Beneath this line is the data. Output exactly the lines from the line with "(m : Run (W × Option (GoError E))) (text" to the line with "(P : Task W", both ends included, and nothing more.

━━━ INFORMATION SUPPLIED

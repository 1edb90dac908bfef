-- ===== src/Snapshot/Tasks.antt =====
-- No goroutine of an apply fails under IgnoreErr.
use semvi_btp.Common.{
  ◌≡◌, String, Bool, true, false, Option, none, some, List, [], ◌∷◌, ◌++◌, map, All, if◌then◌else◌,
  Run, returns, panics, ◌>>=◌,
}
use semvi_btp.Common.Errors.{GoError}
use semvi_btp.Snapshot.Defs.{
  pod, node, persistent_volume, persistent_volume_claim, storage_class, priority_class, namespace,
  Resources, Options, is_system_priority_class, is_ignore_namespace, Configurations, Client,
}
use semvi_btp.Snapshot.Apply.{
  Task, with_failure, before, wait, phase, finished, applied, typed, apply_in, pc_task,
  storage_class_task, pvc_task, node_task, pod_task, namespace_task, with_new_claim, pv_task,
  started, start_named, apply_pcs, apply_namespaces, unnamed_tasks, apply_pvs, apply_others, apply,
}

module _ {W E : Type 0} where
  -- If the call returns, it returns no error.
  abbrev pub Succeeds : Run (W × Option (GoError E)) → Type 0
  Succeeds (returns (w, none)) = Unit
  Succeeds (returns (w, some e)) = ⊥
  Succeeds panics = Unit

  abbrev pub NeverFails : Task W E → Type 0
  NeverFails t = (w : W) → Succeeds (t w)

  Succeeds-before :
      (m : Run (W × Option (GoError E))) (rest : Task W E)
      → Succeeds m
      → NeverFails rest
      → Succeeds (m >>= (λ r. before r rest))
  Succeeds-before panics rest h k = tt
  Succeeds-before (returns (w, some e)) rest h k = absurd h
  Succeeds-before (returns (w, none)) rest h k = last (rest w) (k w)
    where
      last : (m : Run (W × Option (GoError E))) → Succeeds m → Succeeds (m >>= with_failure none)
      last panics u = tt
      last (returns (v, none)) u = tt
      last (returns (v, some e)) u = absurd u

  wait-NeverFails : (ts : List (Task W E)) → All NeverFails ts → NeverFails (wait ts)
  unfolding wait
  wait-NeverFails [] h w = tt
  wait-NeverFails (t ∷ ts) (first, h) w =
      Succeeds-before (t w) (wait ts) (first w) (wait-NeverFails ts h)

  pub Succeeds-phase :
      (m : Run (W × Option (GoError E))) (text : String) (next : Task W E)
      → Succeeds m
      → NeverFails next
      → Succeeds (phase m text next)
  Succeeds-phase panics text next h k = tt
  Succeeds-phase (returns (w, some e)) text next h k = absurd h
  Succeeds-phase (returns (w, none)) text next h k = k w

All-append : {X : Type 0} (P : X → Type 0) (xs ys : List X) → All P xs → All P ys → All P (xs ++ ys)
All-append P [] ys h k = k
All-append P (x ∷ xs) ys (first, h) k = (first, All-append P xs ys h k)

All-map :
    {X Y : Type 0} (P : Y → Type 0) (f : X → Y) (xs : List X)
    → ((x : X) → P (f x))
    → All P (map f xs)
All-map P f [] h = tt
All-map P f (x ∷ xs) h = (h x, All-map P f xs h)

-- The goroutines run in some order: what holds of all of them holds of all that are run.
abbrev pub KeepsTasks : {W E : Type 0} → (List (Task W E) → List (Task W E)) → Type 1
KeepsTasks {W} {E} schedule =
    (P : Task W E → Type 0) (ts : List (Task W E)) → All P ts → All P (schedule ts)

module _ {W O A E : Type 0} (client : Client W O A E) (configs : Configurations A) (opts : Options)
    (ignoring : opts.ignore_err ≡ true) where
  applied-Succeeds :
      (text : String) (r : W × Option E) → Succeeds (applied client configs opts text r)
  applied-Succeeds text (w, none) = tt
  applied-Succeeds text (w, some e) = rw ignoring tt

  apply_in-NeverFails :
      (ns : Option String) (text : String) (f : String → W → W × Option E)
      → NeverFails (apply_in client configs opts ns text f)
  apply_in-NeverFails none text f w = tt
  apply_in-NeverFails (some ns) text f w = applied-Succeeds text (f ns w)

  -- A step that returns or panics, and then a call whose error is ignored.
  Succeeds-then :
      (text : String) (m : Run A) (f : A → W × Option E)
      → Succeeds (m >>= (λ c. applied client configs opts text (f c)))
  Succeeds-then text panics f = tt
  Succeeds-then text (returns c) f = applied-Succeeds text (f c)

  abbrev AllStarted : Run (List (Task W E)) → Type 0
  AllStarted (returns ts) = All NeverFails ts
  AllStarted panics = Unit

  start_named-AllStarted :
      (ignored : String → Bool) (task : A → Task W E) (xs : List A)
      → ((a : A) → NeverFails (task a))
      → AllStarted (start_named client configs opts ignored task xs)
  unfolding start_named
  start_named-AllStarted ignored task [] h = tt
  start_named-AllStarted ignored task (a ∷ xs) h =
      by_name (configs.name a) (start_named client configs opts ignored task xs)
        (start_named-AllStarted ignored task xs h) (h a)
    where
      one_more :
          (t : Task W E) (m : Run (List (Task W E)))
          → AllStarted m
          → NeverFails t
          → AllStarted (m >>= (λ ts. returns (t ∷ ts)))
      one_more t panics u k = tt
      one_more t (returns ts) u k = (k, u)

      kept :
          (b : Bool) (m : Run (List (Task W E)))
          → AllStarted m
          → NeverFails (task a)
          → AllStarted (if b then m else m >>= (λ ts. returns (task a ∷ ts)))
      kept true m u k = u
      kept false m u k = one_more (task a) m u k

      by_name :
          (name : Option String) (m : Run (List (Task W E)))
          → AllStarted m
          → NeverFails (task a)
          → AllStarted (started client configs opts name ignored (task a) m)
      by_name none m u k = tt
      by_name (some name) m u k = kept (ignored name) m u k

  Succeeds-started :
      (m : Run (List (Task W E))) (f : List (Task W E) → Run (W × Option (GoError E)))
      → AllStarted m
      → ((ts : List (Task W E)) → All NeverFails ts → Succeeds (f ts))
      → Succeeds (m >>= f)
  Succeeds-started panics f h k = tt
  Succeeds-started (returns ts) f h k = k ts h

  pc_task-NeverFails : (a : A) → NeverFails (pc_task client configs opts a)
  pc_task-NeverFails a w = applied-Succeeds "apply PriorityClass" (
      client.apply priority_class none
        (typed client configs opts "scheduling.k8s.io/v1" "PriorityClass" a) w)

  storage_class_task-NeverFails : (a : A) → NeverFails (storage_class_task client configs opts a)
  storage_class_task-NeverFails a w = applied-Succeeds "apply StorageClass" (
      client.apply storage_class none
        (typed client configs opts "storage.k8s.io/v1" "StorageClass" a) w)

  pvc_task-NeverFails : (a : A) → NeverFails (pvc_task client configs opts a)
  pvc_task-NeverFails a =
      let b = typed client configs opts "v1" "PersistentVolumeClaim" a in
      apply_in-NeverFails (configs.namespace_of b) "apply PersistentVolumeClaims"
        (λ ns. client.apply persistent_volume_claim (some ns) b)

  node_task-NeverFails : (a : A) → NeverFails (node_task client configs opts a)
  node_task-NeverFails a w =
      applied-Succeeds "apply Node"
        (client.apply node none (typed client configs opts "v1" "Node" a) w)

  pod_task-NeverFails : (a : A) → NeverFails (pod_task client configs opts a)
  pod_task-NeverFails a =
      let b = configs.with_type "v1" "Pod" (configs.without_creation (configs.without_uid a)) in
      apply_in-NeverFails (configs.namespace_of b) "apply Pod" (λ ns. client.apply pod (some ns) b)

  namespace_task-NeverFails : (a : A) → NeverFails (namespace_task client configs opts a)
  namespace_task-NeverFails a w =
      applied-Succeeds "apply Namespace"
        (client.apply namespace none (typed client configs opts "v1" "Namespace" a) w)

  pv_task-NeverFails : (a : A) → NeverFails (pv_task client configs opts a)
  pv_task-NeverFails a w =
      let b = configs.with_type "v1" "PersistentVolume" (configs.without_uid a) in
      Succeeds-then "apply PersistentVolume"
        (with_new_claim client configs opts b (configs.phase b) w)
        (λ c. client.apply persistent_volume none c w)

  module _ {C : Type 0} (schedule : List (Task W E) → List (Task W E)) (keeps : KeepsTasks schedule)
      (r : Resources A C) where
    waits : (ts : List (Task W E)) → All NeverFails ts → NeverFails (wait (schedule ts))
    waits ts h = wait-NeverFails (schedule ts) (keeps NeverFails ts h)

    mapped :
        (task : A → Task W E) (xs : List A)
        → ((a : A) → NeverFails (task a))
        → All NeverFails (map task xs)
    mapped task xs h = All-map NeverFails task xs h

    unnamed_tasks-NeverFail : All NeverFails (unnamed_tasks client configs schedule opts r)
    unnamed_tasks-NeverFail =
        let nodes = map (node_task client configs opts) r.nodes in
        let pods = map (pod_task client configs opts) r.pods in
        let pvcs = map (pvc_task client configs opts) r.pvcs in
        All-append NeverFails (map (storage_class_task client configs opts) r.storage_classes)
          (pvcs ++ (nodes ++ pods))
          (mapped (storage_class_task client configs opts) r.storage_classes
            storage_class_task-NeverFails)
          (All-append NeverFails pvcs (nodes ++ pods)
            (mapped (pvc_task client configs opts) r.pvcs pvc_task-NeverFails)
            (All-append NeverFails nodes pods
              (mapped (node_task client configs opts) r.nodes node_task-NeverFails)
              (mapped (pod_task client configs opts) r.pods pod_task-NeverFails)))

    apply_pvs-NeverFails : NeverFails (apply_pvs client configs schedule opts r)
    apply_pvs-NeverFails w =
        Succeeds-phase (wait (schedule (map (pv_task client configs opts) r.pvs)) w) "apply PVs"
          finished
          (waits (map (pv_task client configs opts) r.pvs)
            (All-map NeverFails (pv_task client configs opts) r.pvs pv_task-NeverFails) w)
          (λ v. tt)

    apply_others-NeverFails : NeverFails (apply_others client configs schedule opts r)
    apply_others-NeverFails w =
        Succeeds-started (apply_pcs client configs opts r.priority_classes) _
          (start_named-AllStarted is_system_priority_class (pc_task client configs opts)
            r.priority_classes pc_task-NeverFails)
          (λ ts h.
            Succeeds-phase (wait (schedule (ts ++ unnamed_tasks client configs schedule opts r)) w)
              "apply resources" (apply_pvs client configs schedule opts r)
              (waits (ts ++ unnamed_tasks client configs schedule opts r)
                (All-append NeverFails ts (unnamed_tasks client configs schedule opts r) h
                  unnamed_tasks-NeverFail)
                w)
              apply_pvs-NeverFails)

    pub apply-NeverFails : NeverFails (apply client configs schedule opts r)
    unfolding apply
    apply-NeverFails w =
        Succeeds-started (apply_namespaces client configs opts r.namespaces) _
          (start_named-AllStarted is_ignore_namespace (namespace_task client configs opts)
            r.namespaces namespace_task-NeverFails)
          (λ ts h.
            Succeeds-phase (wait (schedule ts) w) "apply resources"
              (apply_others client configs schedule opts r) (waits ts h w) apply_others-NeverFails)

━━━━━━

_FINAL ANSWER_
      (m : Run (W × Option (GoError E))) (text : String) (next : Task W E)
      → Succeeds m
      → NeverFails next
      → Succeeds (phase m text next)
  Succeeds-phase panics text next h k = tt
  Succeeds-phase (returns (w, some e)) text next h k = absurd h
  Succeeds-phase (returns (w, none)) text next h k = k w

All-append : {X : Type 0} (P : X → Type 0) (xs ys : List X) → All P xs → All P ys → All P (xs ++ ys)
All-append P [] ys h k = k
All-append P (x ∷ xs) ys (first, h) k = (first, All-append P xs ys h k)

All-map :
    {X Y : Type 0} (P : Y → Type 0) (f : X → Y) (xs : List X)
    → ((x : X) → P (f x))
    → All P (map f xs)
All-map P f [] h = tt
All-map P f (x ∷ xs) h = (h x, All-map P f xs h)

-- The goroutines run in some order: what holds of all of them holds of all that are run.
abbrev pub KeepsTasks : {W E : Type 0} → (List (Task W E) → List (Task W E)) → Type 1
KeepsTasks {W} {E} schedule =
    (P : Task W E → Type 0) (ts : List (Task W E)) → All P ts → All P (schedule ts)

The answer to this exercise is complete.